University of Edinburgh scientists have engineered bacteria to convert plastic waste into vanillin, the precious compound used in vanilla flavoring, cosmetics, and more.
“This is the first example of using a biological system to upcycle plastic waste into a valuable industrial chemical,” first author Joanna Sadler said in a press release, “and this has very exciting implications for the circular economy.”
Why it matters: We produce about 350 million tons of plastic every year, and less than 9% of it gets recycled. The rest ends up in landfills or the ocean, where it can harm animals, the environment, and even human health.
“Plastic pollution is something that affects everyone … It’s not one country’s problem. It’s everyone’s problem,” Winnie Lau, a researcher at the non-profit International Solid Waste Association, told Reuters in 2020. “It’s going to get worse if we don’t do anything.”
The challenge: Polyethylene terephthalate (PET) is a type of plastic used to make water bottles, food containers, and other consumer goods.
It’s one of the most recycled types of plastic waste, but the end result of that process is just more plastic products — and if those aren’t recycled, we’re back at square one.
The idea: Rather than recycling used plastic into more plastic, the researchers found a way to transform it into something else: vanillin.
This chemical is what gives vanilla flavoring its characteristic scent and taste, and it’s also used in everything from herbicides to cleaning products. It can be extracted from vanilla beans, but due to high demand, most vanillin is made in a lab.
How it works: Vanillin and a molecule derived from PET — terephthalic acid (TA) — have very similar chemical structures, so, for their study, published in the Royal Society of Chemistry (RSC) journal Green Chemistry, the Edinburgh scientists genetically engineered E. coli bacteria to be able to make the changes needed to convert TA into vanillin.
All they had to do was mix together their engineered bacteria and TA and keep the temperature stable at about 98 degrees Fahrenheit. Within a day, the E. coli had converted 79% of the TA into vanillin.

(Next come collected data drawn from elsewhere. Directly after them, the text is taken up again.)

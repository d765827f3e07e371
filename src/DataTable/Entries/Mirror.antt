-- ===== src/DataTable/Entries/Mirror.antt =====
-- The comments or downtimes of a peer of lmd/peer.go after `UpdateDeltaCommentsOrDowntimes`.
use mathlib.Core.Path.{subst}
use lmd.Prelude.{
  ℕ, Bool, true, false, ◌&&◌, ◌||◌, not, Option, none, some, List, [], ◌∷◌, ◌++◌, Bytes, codes,
  equal, equal_iff, length, Result, ok, ◌>>=◌, if◌then◌else◌, ◌≡◌, refl, arith, sym, ap, ◌∙◌,
  >>=-eq-ok, ok-injective, Bool-cases, Option-cases, bind-ok, inl, inr,
}
use lmd.Prelude.Dict.{Dict, lookup, insert, delete, lookup-insert, lookup-delete}
use lmd.Runtime.{Go, Panic}
use lmd.Objects.{Table, PeerFlags, index_of}
use lmd.Filter.Match.{sprint}
use lmd.Request.{Request}
use lmd.DataTable.{at, DataTable, Row, Memory, without_row, id_column, remove_item, add_item}
use lmd.DataTable.Entries.{
  Entries, count_request, ids_request, rows_request, is_unchanged, read_keys, missing_ids, listed,
  keys, remove_old, add_new, fetch_new, fetch_ids, with_answer, update_delta_comments_or_downtimes,
}
use lmd.DataTable.Entries.Indexed.{IsIndexed, removed-IsIndexed, added-IsIndexed}

abbrev pub has_entry : Bytes → Dict ℕ → Bool
has_entry id index = elim (lookup id index) [ none ↦ false | some _ ↦ true ]

-- What is left under `x` of an index: the entries whose ids are among `ids` and not among those of the
-- remote site are gone.
abbrev left_by : List Bytes → List Bytes → Dict ℕ → Bytes → Option ℕ
left_by remote ids index x =
    if listed remote x then lookup x index else if listed ids x then none else lookup x index

left_by-gone :
    (remote ids : List Bytes) (index : Dict ℕ) (id x : Bytes)
    → lookup id index ≡ none
    → left_by remote ids index x ≡ left_by remote (id ∷ ids) index x
unfolding listed
left_by-gone remote ids index id x gone = elim (Bool-cases (equal id x)) [
  | inl same ↦
      let is = (equal_iff id x).0 same in
      let free = sym (ap (λ k. lookup k index) is) ∙ gone in ground arith
  | inr differ ↦ rw differ refl
]

left_by-stays :
    (remote ids : List Bytes) (index : Dict ℕ) (id x : Bytes)
    → listed remote id ≡ true
    → left_by remote ids index x ≡ left_by remote (id ∷ ids) index x
unfolding listed
left_by-stays remote ids index id x stays = elim (Bool-cases (equal id x)) [
  | inl same ↦
      let is = (equal_iff id x).0 same in
      let here = sym (ap (listed remote) is) ∙ stays in ground arith
  | inr differ ↦ rw differ refl
]

delete_twice :
    (id x : Bytes) (index : Dict ℕ)
    → lookup x (delete id (delete id index)) ≡ (if equal id x then none else lookup x index)
delete_twice id x index =
    ground (arith, lookup-delete id x (delete id index), lookup-delete id x index)

left_by-old :
    (remote ids : List Bytes) (index : Dict ℕ) (id x : Bytes)
    → listed remote id ≡ false
    → left_by remote ids (delete id (delete id index)) x ≡ left_by remote (id ∷ ids) index x
unfolding listed
left_by-old remote ids index id x old = elim (Bool-cases (equal id x)) [
  | inl same ↦
      let is = (equal_iff id x).0 same in
      let here = sym (ap (listed remote) is) ∙ old in ground (arith, delete_twice id x index)
  | inr differ ↦ ground (arith, delete_twice id x index)
]

abbrev pub KeysDistinct : List Bytes → Type 0
KeysDistinct [] = Unit
KeysDistinct (x ∷ xs) = (listed xs x ≡ false) × KeysDistinct xs

listed-keys : (index : Dict ℕ) (x : Bytes) → listed (keys index) x ≡ has_entry x index
unfolding listed lookup
listed-keys [] x = refl
listed-keys ((id, row) ∷ index) x = ground (arith, listed-keys index x)

listed-missing_ids :
    (index : Dict ℕ) (ids : List Bytes) (x : Bytes)
    → listed (missing_ids index ids) x ≡ (listed ids x && not (has_entry x index))
unfolding listed missing_ids
listed-missing_ids index [] x = refl
listed-missing_ids index (id ∷ ids) x = elim (Bool-cases (equal id x)) [
  | inl same ↦
      let is = (equal_iff id x).0 same in
      let there = ap (λ k. lookup k index) is in ground (arith, listed-missing_ids index ids x)
  | inr differ ↦ ground (arith, listed-missing_ids index ids x)
]

has_entry-insert :
    (key x : Bytes) (row : ℕ) (index : Dict ℕ)
    → has_entry x (insert key row index) ≡ (has_entry x index || equal key x)
has_entry-insert key x row index = ground (arith, lookup-insert key x row index)

-- what was removed and what is missing make up the ids of the remote site
removed_and_missing :
    (remote : List Bytes) (index index' : Dict ℕ) (x : Bytes)
    → lookup x index' ≡ left_by remote (keys index) index x
    → (has_entry x index' || listed (missing_ids index remote) x) ≡ listed remote x
removed_and_missing remote index index' x left =
    ground (arith, listed-keys index x, listed-missing_ids index remote x)

abbrev pub Free : List Bytes → Dict ℕ → Type 0
Free ids index = (x : Bytes) → listed ids x ≡ true → lookup x index ≡ none

insert-Free :
    (id : Bytes) (row : ℕ) (ids : List Bytes) (index : Dict ℕ)
    → listed ids id ≡ false
    → Free (id ∷ ids) index
    → Free ids (insert id row index)
unfolding listed
insert-Free id row ids index apart free x h = elim (Bool-cases (equal id x)) [
  | inl same ↦
      let is = (equal_iff id x).0 same in
      let clash = sym (ap (listed ids) is) ∙ apart in absurd (cc (clash, h))
  | inr differ ↦ lookup-insert id x row index ∙ (rw differ (free x (rw differ h)))
]

listed_once :
    (id x : Bytes) (ids : List Bytes) (b : Bool)
    → ((b || equal id x) || listed ids x) ≡ (b || listed (id ∷ ids) x)
unfolding listed
listed_once id x ids b = ground arith

with_answer-ok :
    (go : Go) (ask : Request go → Result Bytes (List (Row go))) (e : Entries go)
    {reply : Result Bytes (List (Row go))} {rows : List (Row go)}
    (next : List (Row go) → Result Panic (Entries go × Option Bytes))
    → reply ≡ ok rows
    → with_answer go ask e reply next ≡ next rows
with_answer-ok go ask e next is = ap (λ r. with_answer go ask e r next) is

module _ (go : Go) (field : ℕ) where
  abbrev pub TableIndexed : Memory go → DataTable → Type 0
  TableIndexed mem d = IsIndexed go mem field d.rows d.index

  remove_item-ok :
      (mem : Memory go) (d : DataTable) (id : Bytes) (row : ℕ)
      → id_column d.table ≡ ok field
      → TableIndexed mem d
      → lookup id d.index ≡ some row
      → remove_item go mem row d
        ≡ ok (record d { rows = without_row row d.rows; index = delete id d.index })
  unfolding remove_item
  remove_item-ok mem d id row column i at_id =
      let (key, held) = i.leads id row at_id in rw (held, column, key) refl

  remove_old-ok :
      (mem : Memory go) (remote ids : List Bytes) (d : DataTable)
      → id_column d.table ≡ ok field
      → TableIndexed mem d
      → (d' : DataTable) × (remove_old go mem remote ids d ≡ ok d')
        × TableIndexed mem d'
        × (d'.table ≡ d.table)
        × ((x : Bytes) → lookup x d'.index ≡ left_by remote ids d.index x)
  unfolding remove_old listed
  remove_old-ok mem remote [] d column i = (d, refl, i, refl, λ x. ground arith)
  remove_old-ok mem remote (id ∷ ids) d column i = elim (Option-cases (lookup id d.index)) [
    | inl gone ↦
        let (d', run, i', same, left) = remove_old-ok mem remote ids d column i in
        (
          d',
          rw (gone, remove_old) run,
          i',
          same,
          λ x. left x ∙ left_by-gone remote ids d.index id x gone,
        )
    | inr (row, at_id) ↦ elim (Bool-cases (listed remote id)) [
      | inl stays ↦
          let (d', run, i', same, left) = remove_old-ok mem remote ids d column i in
          (
            d',
            rw (at_id, stays, remove_old) run,
            i',
            same,
            λ x. left x ∙ left_by-stays remote ids d.index id x stays,
          )
      | inr old ↦
          let smaller = record d {
            rows = without_row row d.rows;
            index = delete id (delete id d.index);
          } in
          let (d', run, i', same, left) = remove_old-ok mem remote ids smaller column (
            removed-IsIndexed go mem field d.rows d.index i id row _ at_id
              (λ x. delete_twice id x d.index)) in
          (
            d',
            rw (at_id, old, remove_item-ok mem d id row column i at_id, remove_old) run,
            i',
            same,
            λ x. left x ∙ left_by-old remote ids d.index id x old,
          )
    ]
  ]

  pub add_new-ok :
      (rows : List (Row go)) (ids : List Bytes) (e : Entries go)
      → TableIndexed e.memory e.held
      → read_keys go field rows ≡ ok ids
      → KeysDistinct ids
      → Free ids e.held.index
      → (e' : Entries go) × (add_new go field rows e ≡ ok e')
        × TableIndexed e'.memory e'.held
        × ((x : Bytes) → has_entry x e'.held.index ≡ (has_entry x e.held.index || listed ids x))
  unfolding add_new read_keys listed add_item
  add_new-ok [] ids e i read distinct free = (e, refl, i, λ x. ground arith)
  add_new-ok (row ∷ rows) ids e i read distinct free =
      let (v, at_field, read') = >>=-eq-ok (at row field) _ read in
      let (others, read_others, all) = >>=-eq-ok (read_keys go field rows) _ read' in
      let is = ok-injective all in
      let apart = subst KeysDistinct (sym is) distinct in
      let unused = subst (λ ks. Free ks e.held.index) (sym is) free in
      let key = sprint go v in
      let first : listed (key ∷ others) key ≡ true = ground (arith, equal_iff key key) in
      let (e', run, i', has) =
        add_new-ok rows others
          (record {
            memory = e.memory ++ row ∷ [];
            held =
                add_item (length e.memory)
                  (record e.held { index = insert key (length e.memory) e.held.index });
          })
          (added-IsIndexed go e.memory field e.held.rows e.held.index i row at_field
            (unused key first))
          read_others apart.1
          (insert-Free key (length e.memory) others e.held.index apart.0 unused) in
      (
        e',
        bind-ok _ at_field ∙ run,
        i',
        λ x.
            has x
            ∙ ap (λ b. b || listed others x) (has_entry-insert key x (length e.memory) e.held.index)
            ∙ listed_once key x others (has_entry x e.held.index)
            ∙ ap (λ ks. has_entry x e.held.index || listed ks x) is,
      )

  module _ (ask : Request go → Result Bytes (List (Row go))) (t : Table) (flags : PeerFlags) where
    -- the remote site answers the request for the missing rows by a row for each of them
    abbrev pub Supplies : List Bytes → Type 0
    Supplies [] = Unit
    Supplies (id ∷ ids) =
        (rows : List (Row go)) × (sent : List Bytes) × (ask (rows_request go t flags (id ∷ ids))
          ≡ ok rows)
        × (read_keys go field rows ≡ ok sent)
        × KeysDistinct sent
        × ((x : Bytes) → listed sent x ≡ listed (id ∷ ids) x)

    fetch_new-ok :
        (missing : List Bytes) (e : Entries go)
        → index_of (codes "id") t.columns_index ≡ field
        → TableIndexed e.memory e.held
        → Supplies missing
        → Free missing e.held.index
        → (e' : Entries go) × (fetch_new go ask t flags missing e ≡ ok (e', none))
          × TableIndexed e'.memory e'.held
          × ((x : Bytes)
              → has_entry x e'.held.index ≡ (has_entry x e.held.index || listed missing x))
    unfolding fetch_new listed
    fetch_new-ok [] e at_id i supplies free = (e, refl, i, λ x. ground arith)
    fetch_new-ok (id ∷ ids) e at_id i (rows, sent, answer, read, distinct, same) free =
        let (e', run, i', has) =
          add_new-ok rows sent e i read distinct (λ x h. free x (sym (same x) ∙ h)) in
        (
          e',
          with_answer-ok go ask e
                (λ news. add_new go (index_of (codes "id") t.columns_index) news e >>= λ e''.
                  ok (e'', none))
                answer
              ∙ bind-ok (λ e''. ok (e'', none)) (ap (λ n. add_new go n rows e) at_id ∙ run),
          i',
          λ x. has x ∙ ap (λ b. has_entry x e.held.index || b) (same x),
        )

    missing_ids-Free :
        (remote : List Bytes) (index index' : Dict ℕ)
        → ((x : Bytes) → lookup x index' ≡ left_by remote (keys index) index x)
        → Free (missing_ids index remote) index'
    missing_ids-Free remote index index' left x h =
        ground (arith, left x, listed-keys index x, listed-missing_ids index remote x)

    -- Let the rows and the index of the table agree, and let the remote site have changed: its ids are
    -- `remote`, and it answers the request for the missing rows by a row for each of them. Then the
    -- update succeeds, the rows and the index agree again, and the index holds exactly the ids of the
    -- remote site.
    pub update_delta-mirrors :
        (e : Entries go) (counts answer : List (Row go)) (remote : List Bytes)
        → index_of (codes "id") t.columns_index ≡ field
        → id_column e.held.table ≡ ok field
        → TableIndexed e.memory e.held
        → ask (count_request go t) ≡ ok counts
        → is_unchanged go e.memory e.held.rows field counts ≡ ok false
        → ask (ids_request go t) ≡ ok answer
        → read_keys go 0 answer ≡ ok remote
        → Supplies (missing_ids e.held.index remote)
        → (e' : Entries go) × (update_delta_comments_or_downtimes go ask t flags e ≡ ok (e', none))
          × TableIndexed e'.memory e'.held
          × ((x : Bytes) → has_entry x e'.held.index ≡ listed remote x)
    unfolding update_delta_comments_or_downtimes fetch_ids
    update_delta-mirrors e counts answer remote at_id column i counted changed asked read supplies =
        let (d, removed, i', table, left) =
          remove_old-ok e.memory remote (keys e.held.index) e.held column i in
        let (e', run, i'', has) =
          fetch_new-ok (missing_ids e.held.index remote) (record e { held = d }) at_id i' supplies
            (missing_ids-Free remote e.held.index d.index left) in
        (
          e',
          with_answer-ok go ask e _ counted
              ∙ bind-ok _ (ap (λ n. is_unchanged go e.memory e.held.rows n counts) at_id ∙ changed)
              ∙ with_answer-ok go ask e _ asked
              ∙ bind-ok _ read
              ∙ bind-ok _ removed
              ∙ run,
          i'',
          λ x. has x ∙ removed_and_missing remote e.held.index d.index x (left x),
        )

This is a beautiful demonstration of green chemistry.
Ellis Crawford
Past studies had already shown how bacteria could be used to break PET down into TA and other components, so the researchers then demonstrated how they could use microbes to convert a plastic bottle into vanillin.
The next steps: The researchers say their vanillin would be safe for human consumption, but they still need to confirm that with tests. They’re now focused on increasing the bacteria’s conversion rate and scaling up the process to create more vanillin from more plastic waste.
“Using microbes to turn waste plastics, which are harmful to the environment, into an important commodity and platform molecule with broad applications in cosmetics and food is a beautiful demonstration of green chemistry,” Ellis Crawford, publishing editor at the RSC, said.